Bert Pratten

Personal information
- Full name: Herbert Graham Pratten
- Born: 22 April 1892 Ashfield, Sydney, Australia
- Died: 11 September 1979 (aged 87) Neutral Bay, New South Wales, Australia
- Batting: Right-handed
- Role: Batsman

Domestic team information
- 1913/14–1914/15: New South Wales
- FC debut: 21 November 1913 New South Wales v Queensland
- Last FC: 8 January 1915 New South Wales v South Australia

Career statistics
| Competition | First-class |
| Matches | 5 |
| Runs scored | 221 |
| Batting average | 24.55 |
| 100s/50s | 0/2 |
| Top score | 53 |
| Catches/stumpings | 1/0 |
- Source: CricketArchive, 31 December 2007

= Bert Pratten =

Australian cricketer (1892–1979)

Herbert Graham Pratten (22 April 1892 – 11 September 1979) was an Australian cricketer. A right-handed batsman, he played first-class cricket for New South Wales between 1913 and 1915.

==Biography==
Pratten was born in Sydney on 22 April 1892. His father Herbert Edward Pratten was a jam manufacturer who was later elected to federal parliament and served as a cabinet minister.

Pratten made his first-class debut for New South Wales against Queensland in November 1913, also playing a minor match against Ipswich and West Moreton the same month.

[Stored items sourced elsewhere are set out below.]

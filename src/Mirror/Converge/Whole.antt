-- ===== src/Mirror/Converge/Whole.antt =====
-- What a whole `converge` does: the files that it promises.
use workspace_api.Base.{
  ◌≡◌, refl, sym, ap, ◌∙◌, Bool, true, false, ◌&&◌, Option, none, some, List, [], Text, same,
  same→eq, is_some, map, lookup, Map, mem, ok, ◌>>◌, next-eq-ok, if◌then◌else◌, Bool-cases, inl,
  inr, for_each, and_parts,
}
use workspace_api.Model.{
  CommitAuthor, DefinitionFile, DefinitionRender, CredentialFile, CredentialRender, RepoFileEntry,
}
use workspace_api.Mirror.World.{RepoClient, World, Mirror, on_repo}
use workspace_api.Mirror.Files.{
  partition_pipeline_tree, is_definition_path, is_credential_path, sorted_paths,
}
use workspace_api.Mirror.Effects.{IsRepo, Leaves, Sets, Leaves-bind, Leaves-for_each, for_each-Sets}
use workspace_api.Mirror.Converge.{
  for_path, upsert_files, delete_stale_file, delete_stale, delete_stale_rendered_file,
  delete_stale_rendered, upsert_credential_file, upsert_credential_files, converge_credentials,
  converge,
}
use workspace_api.Mirror.Converge.Steps.{
  delete_stale_rendered_file_own, delete_stale_rendered_file_other, delete_stale_file_other,
  Leaves-eq, on_repo-eq,
}
use workspace_api.Mirror.Converge.Credentials.{upsert_credential_file_other}
use workspace_api.Mirror.Converge.Expected.{
  lookup-partition_yaml, lookup-partition_age, mem-sorted_paths, overlay, collected, expected,
  without_rendered_idem, Leaves-for_path, Sets-for_path, upsert_files-Sets,
}

collected_idem :
    (e : Option Text) (b : Bool) (v : Option Text)
    → collected (is_some e) b (collected (is_some e) b v) ≡ collected (is_some e) b v
collected_idem none b v = refl
collected_idem (some s) true v = refl
collected_idem (some s) false v = without_rendered_idem v

listed_collected :
    (e : Option Text) (b l : Bool)
    → l ≡ is_some e
    → (v : Option Text) → (if l then collected (is_some e) b v else v) ≡ collected (is_some e) b v
listed_collected none b l h v = rw h
listed_collected (some s) b l h v = rw h

-- The keys of a desired credential set are paths of credential files.
unfoldable pub AreCredentialPaths : Option (Map CredentialFile) → Type 0
AreCredentialPaths none = Unit
AreCredentialPaths (some files) =
    (p : Text) → is_some (lookup p files) ≡ true → is_credential_path p ≡ true

expected_stages :
    (o : Option DefinitionFile) (d x : Bool) (v : Option Text)
    → x ≡ is_some v
    → collected (d && x) (is_some o) (overlay o v) ≡ expected o d v
unfolding expected
expected_stages (some df) true true v h = refl
expected_stages (some df) true false v h = refl
expected_stages (some df) false x v h = refl
expected_stages none true x none h = rw h
expected_stages none true x (some c) h = rw h
expected_stages none false x v h = refl

module _ {R : Type 0} (file : R → Text → Option Text) (client : RepoClient R)
    (repo : IsRepo client file) (author : Option CommitAuthor) (m : Mirror R) where
  delete_stale_rendered-Sets :
      {V : Type 0} (desired : Map V) (existing : Map Text) (q : Text)
      → Sets file
          (delete_stale_rendered client author existing desired)
          q
          (collected (is_some (lookup q existing)) (is_some (lookup q desired)))
  unfolding delete_stale_rendered
  delete_stale_rendered-Sets desired existing q w t h =
      let step = delete_stale_rendered_file client author desired in
      for_each-Sets file (for_path existing step)
        (λ p. collected (is_some (lookup p existing)) (is_some (lookup p desired)))
        (λ p r e.
          Leaves-for_path file existing step p r
            λ sha _. delete_stale_rendered_file_other file client repo author desired p sha r e)
        (λ p.
          Sets-for_path file existing step p
            (λ o. collected (is_some o) (is_some (lookup p desired))) (λ v. refl)
            λ sha _. delete_stale_rendered_file_own file client repo author desired p sha)
        (λ p v. collected_idem (lookup p existing) (is_some (lookup p desired)) v)
        (sorted_paths existing) q w t h
      ∙ listed_collected (lookup q existing) (is_some (lookup q desired))
          (mem q (sorted_paths existing)) (mem-sorted_paths q existing) (file w.repo q)

  pub Leaves-list : (q : Text) → Leaves file (on_repo client.list_tree) q
  unfolding on_repo
  Leaves-list q w = repo.list_file w.repo q

  -- The second map of the partition has paths of credential files only.
  age_paths :
      (tree : List RepoFileEntry) (p : Text)
      → is_some (lookup p (partition_pipeline_tree tree ([], [])).1) ≡ true
      → is_credential_path p ≡ true
  unfolding lookup
  age_paths tree p h =
      (and_parts (is_credential_path p) (mem p (map (λ e. e.path) tree))
        (sym (lookup-partition_age p tree [] []) ∙ h)).0

  -- The credential half touches only paths of credential files.
  other_path :
      (p q : Text) → is_credential_path p ≡ true → is_credential_path q ≡ false → same p q ≡ false
  other_path p q h k = elim (Bool-cases (same p q)) [
    | inl e ↦ let bad : true ≡ false = sym h ∙ (ap is_credential_path (same→eq p q e) ∙ k) in cc
    | inr e ↦ e
  ]

  converge_credentials-Leaves :
      (credentials : Option (Map CredentialFile)) (recipient : Text)
      (renders : Map CredentialRender) (existing : Map Text) (q : Text)
      → AreCredentialPaths credentials
      → ((p : Text) → is_some (lookup p existing) ≡ true → is_credential_path p ≡ true)
      → is_credential_path q ≡ false
      → Leaves file (converge_credentials m client author credentials recipient renders existing) q
  unfolding converge_credentials upsert_credential_files delete_stale AreCredentialPaths
  converge_credentials-Leaves none recipient renders existing q c e h = λ w. refl
  converge_credentials-Leaves (some files) recipient renders existing q c e h =
      let step = upsert_credential_file m client author recipient renders existing in
      let delete = delete_stale_file client author files in
      Leaves-bind file q (for_each (sorted_paths files) (for_path files step))
        (λ _. for_each (sorted_paths existing) (for_path existing delete))
        (Leaves-for_each file q (sorted_paths files) (for_path files step) λ p.
          Leaves-for_path file files step p q λ cf f.
            upsert_credential_file_other file client repo author m recipient renders existing p cf q
              (other_path p q (c p (ap is_some f)) h))
        λ _. Leaves-for_each file q (sorted_paths existing) (for_path existing delete) λ p.
          Leaves-for_path file existing delete p q λ sha f.
            delete_stale_file_other file client repo author files p sha q
              (other_path p q (e p (ap is_some f)) h)

  -- The stages one after the other.
  stages :
      (slug : Text) (desired : Map DefinitionFile) (credentials : Option (Map CredentialFile))
      (recipient : Text) (renders : Map CredentialRender) (def_renders : Map DefinitionRender)
      (tree : List RepoFileEntry) (w w1 w2 w3 t : World R)
      → AreCredentialPaths credentials
      → on_repo client.list_tree w ≡ (ok tree, w1)
      → upsert_files m client slug author desired
          (partition_pipeline_tree tree ([], [])).0
          def_renders
          w1
        ≡ (ok tt, w2)
      → delete_stale_rendered client author (partition_pipeline_tree tree ([], [])).0 desired w2
        ≡ (ok tt, w3)
      → converge_credentials m client author credentials recipient renders
          (partition_pipeline_tree tree ([], [])).1
          w3
        ≡ (ok tt, t)
      → (q : Text) → is_credential_path q ≡ false
      → file t.repo q ≡ expected (lookup q desired) (is_definition_path q) (file w.repo q)
  unfolding lookup
  stages slug desired credentials recipient renders def_renders tree w w1 w2 w3 t c l h2 h3 h4 q n =
      let parts = partition_pipeline_tree tree ([], []) in
      let before = Leaves-eq file (on_repo client.list_tree) q (Leaves-list q) l in
      let there =
        lookup-partition_yaml q tree [] []
        ∙ ap (λ b. is_definition_path q && b)
            (repo.listed (on_repo-eq client.list_tree w w1 l) q) in
      Leaves-eq file (converge_credentials m client author credentials recipient renders parts.1) q
        (converge_credentials-Leaves credentials recipient renders parts.1 q c (age_paths tree) n)
        h4
      ∙ (delete_stale_rendered-Sets desired parts.0 q w2 w3 h3
          ∙ (ap (collected (is_some (lookup q parts.0)) (is_some (lookup q desired))) (
                upsert_files-Sets file client repo author m slug desired parts.0 def_renders q w1 w2
                  h2
                ∙ ap (overlay (lookup q desired)) before)
              ∙ (ap
                    (λ b.
                      collected b (is_some (lookup q desired))
                        (overlay (lookup q desired) (file w.repo q)))
                    there
                  ∙ expected_stages (lookup q desired) (is_definition_path q)
                      (is_some (file w.repo q)) (file w.repo q) refl)))

  -- After a successful `converge`, each path of the repo that is not a credential file has the file
  -- that is promised: the rendered content for a desired definition, no file for another definition
  -- that opens with the header of a rendered one, and else what it had. Nobody else commits in the
  -- meantime, and the keys of the desired credentials are paths of credential files.
  pub converge-expected :
      (slug : Text) (desired : Map DefinitionFile) (credentials : Option (Map CredentialFile))
      (recipient : Text) (renders : Map CredentialRender) (def_renders : Map DefinitionRender)
      (w t : World R)
      → AreCredentialPaths credentials
      → converge m client author slug desired credentials recipient renders def_renders w
        ≡ (ok tt, t)
      → (q : Text) → is_credential_path q ≡ false
      → file t.repo q ≡ expected (lookup q desired) (is_definition_path q) (file w.repo q)
  unfolding converge
  converge-expected slug desired credentials recipient renders def_renders w t c h q n =
      let (tree, w1, listed, h1) = next-eq-ok (on_repo client.list_tree w) _ h in
      let parts = partition_pipeline_tree tree ([], []) in
      let upsert = upsert_files m client slug author desired parts.0 def_renders in
      let delete = delete_stale_rendered client author parts.0 desired in
      let finish = converge_credentials m client author credentials recipient renders parts.1 in
      let (u, w3, h2, h4) = next-eq-ok ((upsert >> delete) w1) (λ _. finish) h1 in
      let (v, w2, h3, h5) = next-eq-ok (upsert w1) (λ _. delete) h2 in
      stages slug desired credentials recipient renders def_renders tree w w1 w2 w3 t c listed h3 h5
        h4 q n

In 1914, after another first-class match against Queensland and a minor match against Toowoomba, Pratten played his first Sheffield Shield match against South Australia in December. He also played against Victoria that month before playing his final first-class match against South Australia in January 1915. He played a match for the Federated Malay States against the Straits Settlements in 1919 and died in Neutral Bay on 11 September 1979.